Now that you’re pregnant, or will be, it’s important to be aware of your personal health, inside and out.
Caring for two requires double the care.
When pregnant, you usually receive tons of advice about the types of food that you should eat, how to prevent stretch marks, what how to avoid morning sickness, how to cope with frequent urination, etc.
However, it’s probable that no one has ever cautioned you about the possible negative effects of poor oral health on your overall health and that of your unborn infant.
More than ever, performing good oral hygiene practices should be heightened as the body’s natural defense system is low during pregnancy. Immune deficiency intensifies the potential of causing adverse pregnancy outcomes.

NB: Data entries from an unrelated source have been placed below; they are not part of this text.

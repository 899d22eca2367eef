-- ===== src/Ipc/Message.antt =====
-- The class message of include/task/ipc/public/messages.hpp: sixty-four registers, the first of
-- which is the tag. An access to a register that is not there faults.
pub mod Append
use project_dionysus.Base.{
  ℕ, zero, suc, ◌+◌, ◌-◌, ◌<◌, ◌≡◌, Bool, List, [], ◌∷◌, Run, ok, assert, ◌>>=◌, ◌>>◌, ltb, ◌==◌,
  if◌then◌else◌,
}
use project_dionysus.Ipc.Tag.{
  untyped_count, typed_count, count_untyped, count_typed, next_typed_pos,
}

abbrev pub regs_per_message : ℕ
regs_per_message = 64

abbrev pub Message : Type 0
Message = ℕ → ℕ

abbrev pub tag : Message → ℕ
tag m = m 0

abbrev pub update : Message → ℕ → ℕ → Message
update m i v k = if i == k then v else m k

unfoldable pub read : Message → ℕ → Run ℕ
read m i = assert (ltb i regs_per_message) >> ok (m i)

unfoldable pub write : Message → ℕ → ℕ → Run Message
write m i v = assert (ltb i regs_per_message) >> ok (update m i v)

-- `for (i = ...; ...; i--) regs_[i] = regs_[i - 1]`, by the rounds that are left.
pub shift_up : ℕ → ℕ → Message → Run Message
shift_up zero i m = ok m
shift_up (suc n) i m = do v ← read m (i - 1); m' ← write m i v; shift_up n (i - 1) m'

-- regs_[++tag_.u_] = item
pub write_untyped : ℕ → Message → Run Message
write_untyped item m =
    write (update m 0 (count_untyped (tag m))) (untyped_count (count_untyped (tag m))) item

pub append_untyped : ℕ → Message → Run Message
append_untyped item m = do
  m' ←
      (if typed_count (tag m) == 0
        then ok m
        else shift_up (next_typed_pos (tag m) - (1 + untyped_count (tag m)))
            (next_typed_pos (tag m)) m)
  write_untyped item m'

pub append_single : ℕ → Message → Run Message
append_single raw m = do
  m' ← write m (next_typed_pos (tag m)) raw
  ok (update m' 0 (count_typed (tag m')))

pub append_double : ℕ → ℕ → Message → Run Message
append_double raw0 raw1 m = do m' ← append_single raw0 m; append_single raw1 m'

pub put_untyped : ℕ → ℕ → Message → Run Message
put_untyped item index m = write m (untyped_count (tag m) + index + 1) item

pub put_single : ℕ → ℕ → Message → Run Message
put_single raw index m = write m (untyped_count (tag m) + index + 1) raw

pub put_double : ℕ → ℕ → ℕ → Message → Run Message
put_double raw0 raw1 index m = do
  m' ← write m (untyped_count (tag m) + index + 1) raw0
  write m' (untyped_count (tag m') + index + 2) raw1

pub at_untyped : ℕ → Message → Run ℕ
at_untyped index m = read m (1 + index)

pub at_single : ℕ → Message → Run ℕ
at_single index m = read m (untyped_count (tag m) + index)

pub clear : Message → Message
clear m = update m 0 0

unfoldable pub set_tag : ℕ → Message → Message
set_tag t m = update m 0 t

-- The registers from `i` on, `n` of them.
abbrev pub segment : (ℕ → ℕ) → ℕ → ℕ → List ℕ
segment m i zero = []
segment m i (suc n) = m i ∷ segment m (i + 1) n

-- get_items_span, with the message's own tag and with another's.
pub get_items_span : Message → List ℕ
get_items_span m = segment m 1 (untyped_count (tag m) + typed_count (tag m))

pub get_items_span_for : ℕ → Message → List ℕ
get_items_span_for t m = segment m 1 (untyped_count t + typed_count t)

-- What a message holds: its untyped words, and the words of its typed items.
abbrev pub untyped_items : Message → List ℕ
untyped_items m = segment m 1 (untyped_count (tag m))

abbrev pub typed_items : Message → List ℕ
typed_items m = segment m (1 + untyped_count (tag m)) (typed_count (tag m))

The baby may swallow the oral bacteria that swarm the amniotic fluid when the fluid travels from the mother’s mouth to the uterus via the bloodstream. In fact, pregnant mothers with poor dental health have higher risks of:
- Delivering infants with low birth weight
- Experiencing pre-eclampsia
- Delivering a pre-term infant
In turn, babies with low birth weight or who are pre-term may be affected with the following complications:
- Developmental and birth abnormalities
- Behavioral problems
- Ear infections
In a report published by the National Institutes of Health in 2010, the autopsy and the pathogenic finding of a full-term stillbirth shows the existence of Fusobacterium nucleatum, a bacteria linked with periodontal disease, in the mother’s placenta, as well as in the lungs and stomach of the fetus. During pregnancy, the mother inflicted with severe gingivitis was suffering from upper respiratory tract infection, which weakens her immune system.
This provides ample opportunity for the gingival bacteria to penetrate the placenta. The case provides profound support on the importance of accessing dental care during pregnancy in contrast to the popular practice of avoiding it.
Gum disease is not the only dental threat that may affect the mother and the baby. Oral health problems like pregnancy tumor and dental caries are also notable problems.
The dental assessment of pregnant patients, including those who plan to get pregnant, should include a comprehensive evaluation of the mother’s medical history, and if possible, a communication with the patient’s obstetrician. Expectant mothers with moderate to severe gingivitis or periodontal infection are advised to visit their dental professional for preventive intervention or treatment. The basic guidelines encompassing the dental treatment of pregnant patients will certainly placate any doubt about its appropriateness.
- The most common dental treatments can be performed safely throughout the pregnancy. Elective procedures can be postponed until after childbirth.
- The second trimester and the early half of the third trimester are the ideal time to treat active dental problems like cavities.
- Regardless of the stage of pregnancy, emergency dental procedures should be administered any time.
- Chlorhexidine is safe to use any time during the pregnancy.
- To prevent potential syncope and supine hypotension, pregnant patients should be positioned comfortably all throughout the treatment process.
- To avoid damage to the fetus while conducting radiograph procedures, mothers should wear a lead apron.
- During the first trimester, nitrous oxide should be avoided. Obstetric referral is necessary if such will be used after the first trimester.
- Dental professionals are not allowed to prescribe teratogenic medications as categorized by the FDA. Teratogens can disturb fetal development and cause birth defects.
- When using a local anesthesia, a vasoconstrictor is recommended.
Due to the possible detrimental consequences of passive oral health care in unborn infants, you should be extra vigilant about your regular hygiene practices. The basics of oral hygiene like brushing twice a day and flossing daily should be reinforced by other beneficial regimens like eating foods rich in calcium, protein, and vitamins. Receiving professional dental care and treatment should not be overshadowed by doubt. Preventive care not only fortifies your oral and overall health at the moment where immunity is low, it may even save your baby’s life.